08 January 2013

Coping

Being down, I went to the movies. Just like that, on the spur of the moment, thought it would cheer me up a little. Little was I prepared for moments of crying.

As a side character, and sort of as a comic relief, we are introduced to a young guy with a rare form of cancer. He knows he's dying, because as he put it all the relatives are visiting. His impending death allows him to see the world with such wonder and amazement, to enjoy every breath. He meets one of the main characters in the movie, who happens to be at the hospital after a serious overdose. She is a heroine addict and alcoholic. In several scenes, you see the girl, a very pretty young girl, shoot and sniff cocaine, and drink herself out of consciousness. She wants to stop, but cannot. An addiction is too hard to kick. But the alternative of not drinking or abusing substances feel much worse.

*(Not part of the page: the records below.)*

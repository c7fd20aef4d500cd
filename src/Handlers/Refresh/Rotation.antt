-- ===== src/Handlers/Refresh/Rotation.antt =====
-- What a refresh needs and what it leaves behind.
use Prim.Native.String
use mathlib.Core.Path.{subst}
use fake_auth.Base.{
  ℕ, ◌+◌, ◌≤◌, String, ◌≡◌, refl, sym, ap, ◌∙◌, ◌≢◌, ◌⊎◌, inl, inr, true, not, ◌&&◌, Option, none,
  some, Bool-cases, Option-cases, arith, ◌==◌, eq_iff, eq_of_ne, or_else, after,
}
use fake_auth.Text.{contains, or_text}
use fake_auth.Dict.{Dict, get, get-put_self}
use fake_auth.Dict.Range.{alive}
use fake_auth.Json.{Value}
use fake_auth.Grants
use fake_auth.Grants.{
  RefreshGrant, refresh_expired, take_refresh, consume_refresh_token, save_refresh_token,
  clean_expired_refresh,
}
use fake_auth.Grants.OneTime.{consume_refresh_token_lem, save_refresh_token_ne}
use fake_auth.Handlers.{Env, Draws, Config, State, Response}
use fake_auth.Handlers.CodeExchange.Soundness.{issues_tokens}
use fake_auth.Handlers.Refresh.{rotate, refreshed, accepted, consumed, handle_refresh_token}

alive_refresh :
    (now : ℕ) (rg : RefreshGrant) (o : Option RefreshGrant)
    → alive (refresh_expired now) o ≡ some rg
    → (o ≡ some rg) × (now ≤ rg.expires_at)
alive_refresh now rg none h = absurd (cc h)
alive_refresh now rg (some other) h = elim (Bool-cases (refresh_expired now other)) [
  | inl old ↦ absurd (cc (rw old at h))
  | inr fresh ↦
      let same_grant : some other ≡ some rg = rw fresh at h in
      let same_term : other.expires_at ≡ rg.expires_at =
        ap (λ o. (or_else o other).expires_at) same_grant in
      (same_grant, ground arith)
]

module _ (cfg : Config) (env : Env) (draws : Draws) (token client_id : String) where
  accepted_client :
      (s : State) (g : Grants.Store) (rg : RefreshGrant)
      → issues_tokens (accepted cfg env draws s g rg client_id).1 ≡ true
      → (client_id ≡ "") ⊎ (rg.client_id ≡ client_id)
  unfolding accepted
  accepted_client s g rg h =
      elim (Bool-cases (not (client_id == "") && not (rg.client_id == client_id))) [
        | inl other ↦ absurd (cc (rw other at h))
        | inr fits ↦ ground (arith, eq_iff client_id "", eq_iff rg.client_id client_id)
      ]

  consumed_sound :
      (s : State) (g : Grants.Store) (o : Option RefreshGrant)
      → issues_tokens (consumed cfg env draws s client_id (g, o)).1 ≡ true
      → (rg : RefreshGrant) × (o ≡ some rg) × ((client_id ≡ "") ⊎ (rg.client_id ≡ client_id))
  unfolding consumed
  consumed_sound s g none h = absurd (cc h)
  consumed_sound s g (some rg) h =
      (rg, refl, accepted_client (record s { grant_store = some g }) g rg h)

-- A refresh answers with tokens only if the store held the presented token, unexpired, for the
-- client that the request names, if it names one.
pub refresh_only_if_held :
    (cfg : Config) (env : Env) (draws : Draws) (s : State) (token client_id : String)
    → issues_tokens (handle_refresh_token cfg env draws s token client_id).1 ≡ true
    → (g : Grants.Store) × (s.grant_store ≡ some g)
      × (rg : RefreshGrant) × (get g.refresh token ≡ some rg)
      × (draws.clock 0 ≤ rg.expires_at)
      × ((client_id ≡ "") ⊎ (rg.client_id ≡ client_id))
unfolding handle_refresh_token
refresh_only_if_held cfg env draws s token client_id h = elim (Option-cases s.grant_store) [
  | inl unset ↦ absurd (cc (rw (unset, handle_refresh_token) at h))
  | inr (g, set) ↦ elim (Bool-cases (token == "")) [
    | inl empty ↦
        absurd (cc (rw (empty, handle_refresh_token) at rw (set, handle_refresh_token) at h))
    | inr given ↦
        let (rg, e, fits) =
          consumed_sound cfg env draws token client_id s
            (consume_refresh_token (draws.clock 0) token g).0
            (consume_refresh_token (draws.clock 0) token g).1
            (rw given at rw (set, handle_refresh_token) at h) in
        let (held, fresh) =
          alive_refresh (draws.clock 0) rg _
            (sym (consume_refresh_token_lem (draws.clock 0) token g).0 ∙ e) in
        (g, set, rg, held, fresh, fits)
  ]
]

-- The grant that a rotation saves.
abbrev pub successor : Draws → Grants.Store → RefreshGrant → RefreshGrant
successor draws g rg = record rg {
  audience = "";
  session_id = or_text rg.session_id (String.◌++◌ "sid_" (draws.uuid 0));
  expires_at = draws.clock 3 + g.refresh_ttl;
}

-- The token that a rotation saves it under.
abbrev pub new_token : Draws → String
new_token draws = String.◌++◌ "rt_" (draws.uuid 1)

-- The new token is in the store and the old one is not.
pub record Rotated (draws : Draws) (token : String) (g : Grants.Store) (rg : RefreshGrant)
    (s : State) : Type 0 where
  pub kept : Grants.Store
  pub configured : s.grant_store ≡ some kept
  pub saved : get kept.refresh (new_token draws) ≡ some (successor draws g rg)
  pub gone : get kept.refresh token ≡ none

module _ (draws : Draws) (token : String) (apart : new_token draws ≢ token) where
  module _ (g : Grants.Store) (rg : RefreshGrant) (session_id : String) (resp : Dict Value)
      (wanted : contains rg.scope "offline_access" ≡ true) where
    rotate_new :
        get (rotate draws g rg session_id resp).0.refresh (new_token draws)
        ≡ some (record rg {
          audience = "";
          session_id = session_id;
          expires_at = draws.clock 3 + g.refresh_ttl;
        })
    unfolding rotate save_refresh_token
    rotate_new =
        rw (wanted, rotate)
          (get-put_self (clean_expired_refresh (draws.clock 4) g).refresh (new_token draws) _)

    rotate_old :
        get g.refresh token ≡ none → get (rotate draws g rg session_id resp).0.refresh token ≡ none
    unfolding rotate
    rotate_old gone =
        rw (wanted, rotate)
          (save_refresh_token_ne (draws.clock 3) (draws.clock 4) (new_token draws) token _ g apart
            ∙ ap (alive (refresh_expired (draws.clock 4))) gone)

  module _ (cfg : Config) (env : Env) (client_id : String) where
    refreshed-Rotated :
        (s : State) (g g0 : Grants.Store) (rg : RefreshGrant) (o : Option String)
        → g.refresh_ttl ≡ g0.refresh_ttl
        → contains rg.scope "offline_access" ≡ true
        → get g.refresh token ≡ none
        → issues_tokens
            (refreshed cfg env draws s g rg
              (or_text rg.session_id (String.◌++◌ "sid_" (draws.uuid 0)))
              o).1
          ≡ true
        → Rotated draws token g0 rg
            (refreshed cfg env draws s g rg
              (or_text rg.session_id (String.◌++◌ "sid_" (draws.uuid 0)))
              o).0
    unfolding refreshed
    refreshed-Rotated s g g0 rg none kept_ttl wanted gone h = absurd (cc h)
    refreshed-Rotated s g g0 rg (some access) kept_ttl wanted gone h = record {
      kept = _;
      configured = refl;
      saved =
          rotate_new g rg _ _ wanted
          ∙ ap (λ ttl. some (record (successor draws g0 rg) { expires_at = draws.clock 3 + ttl }))
              kept_ttl;
      gone = rotate_old g rg _ _ wanted gone;
    }

    accepted-Rotated :
        (s : State) (g g0 : Grants.Store) (rg : RefreshGrant)
        → g.refresh_ttl ≡ g0.refresh_ttl
        → contains rg.scope "offline_access" ≡ true
        → get g.refresh token ≡ none
        → issues_tokens (accepted cfg env draws s g rg client_id).1 ≡ true
        → Rotated draws token g0 rg (accepted cfg env draws s g rg client_id).0
    unfolding accepted
    accepted-Rotated s g g0 rg kept_ttl wanted gone h =
        elim (Bool-cases (not (client_id == "") && not (rg.client_id == client_id))) [
          | inl other ↦ absurd (cc (rw other at h))
          | inr fits ↦ rw fits (refreshed-Rotated s g g0 rg _ kept_ttl wanted gone (rw fits at h))
        ]

    consumed-Rotated :
        (s : State) (g g0 : Grants.Store) (rg : RefreshGrant)
        → g.refresh_ttl ≡ g0.refresh_ttl
        → contains rg.scope "offline_access" ≡ true
        → get g.refresh token ≡ none
        → issues_tokens (consumed cfg env draws s client_id (g, some rg)).1 ≡ true
        → Rotated draws token g0 rg (consumed cfg env draws s client_id (g, some rg)).0
    unfolding consumed
    consumed-Rotated s g = accepted-Rotated (record s { grant_store = some g }) g

take_refresh-ttl :
    (now : ℕ) (token : String) (s : Grants.Store) (o : Option RefreshGrant)
    → (take_refresh now token s o).0.refresh_ttl ≡ s.refresh_ttl
unfolding take_refresh
take_refresh-ttl now token s none = refl
take_refresh-ttl now token s (some rg) = elim (Bool-cases (after now rg.expires_at)) [
  | inl old ↦ rw old refl
  | inr fresh ↦ rw fresh refl
]

pub handle_refresh_token_lem :
    (cfg : Config) (env : Env) (draws : Draws) (s : State) (g : Grants.Store)
    (token client_id : String)
    → s.grant_store ≡ some g
    → token ≢ ""
    → handle_refresh_token cfg env draws s token client_id
      ≡ consumed cfg env draws s client_id (consume_refresh_token (draws.clock 0) token g)
unfolding handle_refresh_token
handle_refresh_token_lem cfg env draws s g token client_id set given =
    rw (set, handle_refresh_token) (rw (eq_of_ne token "" given) refl)

-- When a refresh with a token that the store holds, unexpired and with the scope offline_access,
-- answers with tokens, and the new refresh token is another text than the old one, then the store
-- holds the new token for the same user, client, scope and session, for a new term, and no longer
-- holds the old one.
pub refresh_rotates :
    (cfg : Config) (env : Env) (draws : Draws) (s : State) (g : Grants.Store)
    (token client_id : String) (rg : RefreshGrant)
    → s.grant_store ≡ some g
    → token ≢ ""
    → get g.refresh token ≡ some rg
    → draws.clock 0 ≤ rg.expires_at
    → contains rg.scope "offline_access" ≡ true
    → new_token draws ≢ token
    → issues_tokens (handle_refresh_token cfg env draws s token client_id).1 ≡ true
    → Rotated draws token g rg (handle_refresh_token cfg env draws s token client_id).0
unfolding consume_refresh_token
refresh_rotates cfg env draws s g token client_id rg set given held fresh wanted apart h =
    let now : ℕ = draws.clock 0 in
    let unexpired : alive (refresh_expired now) (some rg) ≡ some rg = ground arith in
    let handed : (consume_refresh_token now token g).1 ≡ some rg =
      (consume_refresh_token_lem now token g).0
      ∙ ap (alive (refresh_expired now)) held
      ∙ unexpired in
    let kept : (consume_refresh_token now token g).0.refresh_ttl ≡ g.refresh_ttl =
      take_refresh-ttl now token g (get g.refresh token) in
    let result =
      subst
        (λ o.
          issues_tokens
              (consumed cfg env draws s client_id ((consume_refresh_token now token g).0, o)).1
            ≡ true
          → Rotated draws token g rg
              (consumed cfg env draws s client_id ((consume_refresh_token now token g).0, o)).0)
        (sym handed)
        (consumed-Rotated draws token apart cfg env client_id s
          (consume_refresh_token now token g).0 g rg kept wanted
          (consume_refresh_token_lem now token g).1) in
    let run = handle_refresh_token_lem cfg env draws s g token client_id set given in
    subst (λ (p : State × Response). Rotated draws token g rg p.0) (sym run)
      (result (subst (λ (p : State × Response). issues_tokens p.1 ≡ true) run h))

Around her apartment of pictures of her and mother, in one her mother, whose cheeks looked so thin and sunken, is wearing a woolen hat, one that covered her head completely. From that one picture I understood why the girl hurts, why she drinks and shoots. Why she has even had to prostitute herself so she can drown in the painlessness.

It's cancer, cancer took her mother away. Later in the movie she explains how she spent so much time with her mother, trying to taking care of her, trying to pray for a miracle, giving herself completely to her mother. But her mother died anyways.

As she described her ordeal, shedding light as to why she is destroying her own body and her own life, I empathised with her... After the loss of a dear, dear one, there is such void, pain, loneliness and such deep, deep longing to belong, to be with someone... How can you get rid of all that pain? Can anyone really understand or feel the depth of the pain? It is no wonder (but no excuse either...) she sought escape in drugs and drink. How else can you drown out the emotions and rawness of it all without driving yourself crazy from despair and feeling like you cannot breathe, cannot do anything right? How else can you get rid of the feelings of being abandoned and so worthless in world?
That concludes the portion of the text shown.